MayaGueguen commented 10 months ago

Hello Mulatu,

The importance of variable calculated through the BIOMOD_Modeling and bm_VariablesImportance functions is computed through the same method used within the randomForest package :

For each variable to be evaluated :

  1. it shuffles the original variable values
  2. computes model prediction with this shuffled variable and the other explanatory variables un-modified
  3. calculates Pearson's correlation between reference and shuffled predictions
  4. returns score as 1 - cor

The highest the value, the less reference and shuffled predictions are correlated, and the more influence the variable has on the model. A value of 0 assumes no influence of the variable on the model.

Note that this calculation does not account for variables' interactions.

Hence, the score does not represent how much the variable explains the variability contained within the data, but rather the impact it has on predictions. And scores do not sum to 1 between variables. But it is comparable between algorithms.
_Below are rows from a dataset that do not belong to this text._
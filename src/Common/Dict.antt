-- ===== src/Common/Dict.antt =====
-- JavaScript's `Map`, of which the program uses only `get` and `set`: a function of the key.
use mathlib.Core.Path.{◌≡◌, sym, ap, subst₂}
use mathlib.Core.Logic.{◌≢◌, inl, inr}
use mathlib.Core.Option.{Option, none, some}
use native.Mathlib.Omega.{arith}
use flowdoc_vnext_backend.Common.Tests.{Bool-cases, StrictEq, ◌==◌, if◌then◌else◌}

pub record Dict {ℓ κ} (K : Type ℓ) (V : Type κ) : Type (ℓ ⊔ κ) where
  pub get : K → Option V

abbrev pub empty {ℓ κ} : {K : Type ℓ} {V : Type κ} → Dict K V
empty = record { get = λ k. none }

module _ {ℓ κ} {K : Type ℓ} {V : Type κ} ⦃e : StrictEq K⦄ where
  unfoldable pub set : Dict K V → K → V → Dict K V
  set d k v = record { get = λ j. if j == k then some v else d.get j }

  pub get-set_self : (d : Dict K V) (k : K) (v : V) → (set d k v).get k ≡ some v
  unfolding set
  get-set_self d k v = ground (arith, e.same_iff k k)

  pub get-set_ne : (d : Dict K V) (k : K) (v : V) (j : K) → j ≢ k → (set d k v).get j ≡ d.get j
  unfolding set
  get-set_ne d k v j h = ground (arith, e.same_iff j k)

  -- A write under a key that held nothing loses nothing.
  pub get-set_fresh :
      (d : Dict K V) (k : K) (v : V) (j : K) {w : V}
      → d.get k ≡ none
      → d.get j ≡ some w
      → (set d k v).get j ≡ some w
  unfolding set
  get-set_fresh d k v j absent held = elim (Bool-cases (j == k)) [
    | inl same_key ↦
        let same : d.get j ≡ d.get k = ap d.get ((e.same_iff j k).0 same_key) in
        cc (same, absent, held)
    | inr other ↦ rw other held
  ]

-- A write of what fits leaves only what fits.
pub set-fits {ℓ} :
    {K V : Type 0} ⦃e : StrictEq K⦄ (P : K → V → Type ℓ) (d : Dict K V) (k : K) (v : V)
    → P k v
    → ((j : K) (w : V) → d.get j ≡ some w → P j w)
    → (j : K) (w : V) → (set d k v).get j ≡ some w
    → P j w
unfolding set
set-fits ⦃e⦄ P d k v new old j w held = elim (Bool-cases (j == k)) [
  | inl same ↦
      let written : some v ≡ some w = rw same at held in
      let value : v ≡ w = cc written in subst₂ P (sym ((e.same_iff j k).0 same)) value new
  | inr other ↦ old j w (rw other at held)
]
So it means that in your case, bio9, if shuffled, causes a change in your predictions that only relates to original predictions by 20% of correlation.

Is this clearer ? :eyes:

Maya

mula-jpg commented 10 months ago

Dear Maya, Thank you your help. But I am not understand well. 1) How do I know whether it Shuffled or not? Even the word Shuffle. 2) Is my work acceptable?? 3) Please make more clarify the concept: So it means that in your case, bio9, if shuffled, causes a change in your predictions that only relates to original predictions by 20% of correlation. Best Mulatu

MayaGueguen commented 10 months ago

Dear Mulatu,

shuffle means that all the values of one variable are randomly mixed between sites.

For example, if you have a model with 3 variables : temperature T, precipitations P and slope S.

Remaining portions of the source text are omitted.